Wenn z. B. eine Frau beim Wechselmodell – inhaltlich, nicht zeitlich – den Löwenanteil der Betreuung des gemeinsamen Kindes übernimmt, führt das nicht zur Minderung ihrer Barunterhaltspflicht.

Einerseits wird überzeugend ausgeführt, dass der Unterhaltsbedarf des Kindes zwischen den Eltern anteilig nach ihren Erwerbs- und Vermögensverhältnissen aufzuteilen ist. Andererseits geht OLG Karlsruhe in seiner Entscheidung davon aus, dass bei Betreuung eines Kindes durch beide Elternteile die Barunterhaltsverpflichtung der beiden Eltern direkt aus dem sich aus ihrem jeweiligen Einkommen ergebenden hälftigen Tabellenunterhalt abzuleiten ist. Diese Berechnungsmethode entspricht aus der Sicht des Gerichts systematisch der Berechnung im klassischen Modellfall und vermeidet die Notwendigkeit der Wertbemessung des jeweils geleisteten Naturalunterhalts (OLG Karlsruhe, Beschluss vom 05.12.2005 - 2 UF 10/05).

Weiterhin hat AG Freiburg einen kombinierten Ansatz gefunden, nämlich dass in einem Wechselmodell der Bedarf der Kinder durch beide Parteien im Rahmen des Naturalunterhalts überwiegend sichergestellt ist. Der ergänzende anteilige Barbedarf kann nur durch die Lebensverhältnisse geprägt sein, die durch das jeweilige Einkommen des Pflichtigen bestimmt werden.
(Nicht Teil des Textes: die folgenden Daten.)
-- ===== src/Services/Nftables.antt =====
-- internal/services/nftables/nftables.go: the rules that Render puts into nftables.conf.
pub mod Template
pub mod Zones
use warp_router.Prelude.{
  String, string_eq, Bool, true, false, not, ◌&&◌, Option, none, some, List, [], ◌∷◌, ◌++◌, map,
  lookup, insert, concat, join, if◌then◌else◌, ◌==◌,
}
use warp_router.Config.{Interface, FirewallZone, ForwardRule, InputRule, Firewall, SiteConfig}
use warp_router.Failover.Controller.{interfaces_by_name}

pub record NftRule : Type 0 where
  pub rule : String
  pub comment : String

-- A masquerade rule is its device.
pub record NftData : Type 0 where
  pub input_rules : List NftRule
  pub forward_rules : List NftRule
  pub masquerade_rules : List String

abbrev pub ZoneDevices : Type 0
ZoneDevices = List (String × List String)

-- zoneDevices[zone]: a missing zone has no devices.
abbrev pub devices_in : String → ZoneDevices → List String
devices_in zone m = elim (lookup zone m) [ none ↦ [] | some devices ↦ devices ]

-- The loops that build zoneDevices.
unfoldable pub add_zone :
    List (String × Interface) → String → List String → ZoneDevices → ZoneDevices
add_zone by_name zone [] m = m
add_zone by_name zone (name ∷ names) m = add_zone by_name zone names (elim (lookup name by_name) [
  | none ↦ m
  | some iface ↦ insert zone (devices_in zone m ++ iface.device ∷ []) m
])

unfoldable pub zone_devices :
    List (String × Interface) → List FirewallZone → ZoneDevices → ZoneDevices
unfolding add_zone
zone_devices by_name [] m = m
zone_devices by_name (zone ∷ zones) m =
    zone_devices by_name zones (add_zone by_name zone.name zone.interfaces m)

-- A part that is written only if its text is not empty.
abbrev optional : String → String → List String
optional s part = if s == "" then [] else part ∷ []

abbrev port_part : String → String → List String
port_part protocol port =
    if not (port == "") && not (protocol == "")
    then concat (protocol ∷ " dport " ∷ port ∷ []) ∷ []
    else []

abbrev quoted : String → String → String
quoted key device = concat (key ∷ " \"" ∷ device ∷ "\"" ∷ [])

-- The parts of a forward rule, in their order.
unfoldable pub forward_parts : String → String → ForwardRule → List String
forward_parts from_dev to_dev rule =
    quoted "iifname" from_dev
    ∷ quoted "oifname" to_dev
    ∷ (optional rule.protocol (concat ("ip protocol " ∷ rule.protocol ∷ []))
        ++ (port_part rule.protocol rule.port
            ++ (optional rule.source (concat ("ip saddr " ∷ rule.source ∷ []))
                ++ (optional rule.dest (concat ("ip daddr " ∷ rule.dest ∷ []))
                    ++ rule.action ∷ []))))

-- buildForwardRule
unfoldable pub build_forward_rule : String → String → ForwardRule → NftRule
unfolding forward_parts
build_forward_rule from_dev to_dev rule = record {
  rule = join " " (forward_parts from_dev to_dev rule);
  comment = concat (rule.from ∷ " → " ∷ rule.to ∷ ": " ∷ rule.action ∷ []);
}

unfoldable pub input_parts : String → InputRule → List String
input_parts dev rule =
    quoted "iifname" dev
    ∷ (optional rule.protocol (concat ("ip protocol " ∷ rule.protocol ∷ []))
        ++ (port_part rule.protocol rule.port
            ++ (optional rule.source (concat ("ip saddr " ∷ rule.source ∷ []))
                ++ rule.action ∷ [])))

-- buildInputRule
unfoldable pub build_input_rule : String → InputRule → NftRule
unfolding input_parts
build_input_rule dev rule = record {
  rule = join " " (input_parts dev rule);
  comment = concat ("input from " ∷ rule.zone ∷ " zone" ∷ []);
}

-- The inner loops over the devices of the two zones.
unfoldable pub rules_to : ForwardRule → String → List String → List NftRule
unfolding build_forward_rule
rules_to rule from_dev [] = []
rules_to rule from_dev (to_dev ∷ to_devs) =
    build_forward_rule from_dev to_dev rule ∷ rules_to rule from_dev to_devs

unfoldable pub rules_from : ForwardRule → List String → List String → List NftRule
unfolding rules_to
rules_from rule [] to_devs = []
rules_from rule (from_dev ∷ from_devs) to_devs =
    rules_to rule from_dev to_devs ++ rules_from rule from_devs to_devs

unfoldable pub forward_rules : ZoneDevices → List ForwardRule → List NftRule
unfolding rules_from
forward_rules zones [] = []
forward_rules zones (rule ∷ rules) =
    rules_from rule (devices_in rule.from zones) (devices_in rule.to zones)
    ++ forward_rules zones rules

unfoldable pub input_rules_on : InputRule → List String → List NftRule
unfolding build_input_rule
input_rules_on rule [] = []
input_rules_on rule (dev ∷ devs) = build_input_rule dev rule ∷ input_rules_on rule devs

unfoldable pub input_rules : ZoneDevices → List InputRule → List NftRule
unfolding input_rules_on
input_rules zones [] = []
input_rules zones (rule ∷ rules) =
    input_rules_on rule (devices_in rule.zone zones) ++ input_rules zones rules

-- With no firewall, all traffic from the LAN interfaces is forwarded.
unfoldable pub lan_rules : List Interface → List NftRule
lan_rules [] = []
lan_rules (iface ∷ ifaces) =
    let rest = lan_rules ifaces in
    if iface.role == "lan"
    then record {
      rule = concat (quoted "iifname" iface.device ∷ " accept" ∷ []);
      comment = concat ("Allow all from " ∷ iface.name ∷ " (LAN)" ∷ []);
    }
      ∷ rest
    else rest

unfoldable pub masquerade_devices : List Interface → List String
masquerade_devices [] = []
masquerade_devices (iface ∷ ifaces) =
    let rest = masquerade_devices ifaces in
    if iface.role == "wan" then iface.device ∷ rest else rest

unfoldable pub firewall_data : List Interface → Option Firewall → NftData
unfolding interfaces_by_name zone_devices forward_rules input_rules lan_rules masquerade_devices
firewall_data ifaces none = record {
  input_rules = [];
  forward_rules = lan_rules ifaces;
  masquerade_rules = masquerade_devices ifaces;
}
firewall_data ifaces (some fw) =
    let zones = zone_devices (interfaces_by_name ifaces []) fw.zones [] in
    record {
      input_rules = input_rules zones fw.input_rules;
      forward_rules = forward_rules zones fw.forward_rules;
      masquerade_rules = masquerade_devices ifaces;
    }

-- The part of Render before the template.
unfoldable pub nft_data : SiteConfig → NftData
unfolding firewall_data
nft_data cfg = firewall_data cfg.interfaces cfg.firewall
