-- ===== src/Services/Nftables/Template.antt =====
-- internal/services/nftables/nftables.go: the template of nftables.conf.
use warp_router.Prelude.{String, string_eq, [], ◌∷◌, concat, concat_map, if◌then◌else◌, ◌==◌}
use warp_router.Config.{SiteConfig}
use warp_router.Services.Nftables.{NftRule, NftData, nft_data}

abbrev input_chain : String
input_chain = concat (
    "#!/usr/sbin/nft -f\n" ∷ "# Warp Router — nftables ruleset\n"
    ∷ "# Generated by 'warp apply'. Do not edit manually.\n" ∷ "\n" ∷ "flush ruleset\n" ∷ "\n"
    ∷ "table inet filter {\n" ∷ "    chain input {\n"
    ∷ "        type filter hook input priority filter; policy drop;\n" ∷ "\n"
    ∷ "        # Loopback\n" ∷ "        iif \"lo\" accept\n" ∷ "\n"
    ∷ "        # Established/related\n" ∷ "        ct state established,related accept\n" ∷ "\n"
    ∷ "        # ICMP\n" ∷ "        ip protocol icmp accept\n" ∷ "\n"
    ∷ "        # SSH (always allowed)\n" ∷ "        tcp dport 22 accept\n" ∷ "\n"
    ∷ "        # DHCP server\n" ∷ "        udp dport { 67, 68 } accept\n" ∷ "\n" ∷ "        # DNS\n"
    ∷ "        tcp dport 53 accept\n" ∷ "        udp dport 53 accept\n" ∷ "\n" ∷ "        # BGP\n"
    ∷ "        tcp dport 179 accept\n" ∷ "\n" ∷ "        # BFD\n"
    ∷ "        udp dport { 3784, 3785, 4784 } accept" ∷ [])

abbrev input_rule_lines : NftRule → String
input_rule_lines r = concat (
    "\n\n        # Custom input rule"
    ∷ (if r.comment == "" then "" else concat (" — " ∷ r.comment ∷ []))
    ∷ "\n        "
    ∷ r.rule
    ∷ [])

abbrev forward_chain : String
forward_chain = concat (
    "\n\n        # Log and drop\n" ∷ "        log prefix \"nft-input-drop: \" counter drop\n"
    ∷ "    }\n" ∷ "\n" ∷ "    chain forward {\n"
    ∷ "        type filter hook forward priority filter; policy drop;\n" ∷ "\n"
    ∷ "        # Established/related\n" ∷ "        ct state established,related accept" ∷ [])

abbrev forward_rule_lines : NftRule → String
forward_rule_lines r = concat ("\n\n        # " ∷ r.comment ∷ "\n        " ∷ r.rule ∷ [])

abbrev output_and_nat : String
output_and_nat = concat (
    "\n\n        # Log and drop\n" ∷ "        log prefix \"nft-forward-drop: \" counter drop\n"
    ∷ "    }\n" ∷ "\n" ∷ "    chain output {\n"
    ∷ "        type filter hook output priority filter; policy accept;\n" ∷ "    }\n" ∷ "}\n" ∷ "\n"
    ∷ "table inet nat {\n" ∷ "    chain postrouting {\n"
    ∷ "        type nat hook postrouting priority srcnat; policy accept;" ∷ [])

abbrev masquerade_lines : String → String
masquerade_lines device = concat (
    "\n\n        # Masquerade on " ∷ device ∷ "\n        oifname \"" ∷ device ∷ "\" masquerade"
    ∷ [])

-- nftConfTemplate
unfoldable pub nft_template : NftData → String
nft_template d = concat (
    input_chain
    ∷ concat_map input_rule_lines d.input_rules
    ∷ forward_chain
    ∷ concat_map forward_rule_lines d.forward_rules
    ∷ output_and_nat
    ∷ concat_map masquerade_lines d.masquerade_rules
    ∷ "\n    }\n}\n"
    ∷ [])

-- Render, which never fails: the template is fixed and has a field for each of its names.
unfoldable pub render : SiteConfig → String
unfolding nft_data nft_template
render cfg = nft_template (nft_data cfg)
Daher ist für jeden Elternteil der Unterhaltsbedarf des Kindes nach den Einkommens- und Vermögensverhältnissen dieses Elternteils nach Düsseldorfer Tabelle zu ermitteln (AG Freiburg, Urteil vom 28.10.2005 - 43 F 217/03).

Der Unterhaltsbarbedarf eines Kindes deckt zwar im Grundsatz nur die Bedürfnisse ab, die außerhalb der Betreuung liegen. Teilen die Eheleute die Betreuung des Kindes aber unter sich auf, erbringen sie dabei auch Naturalunterhalt, der den Barunterhaltsbedarf des Kindes mindert und Berücksichtigung finden muss.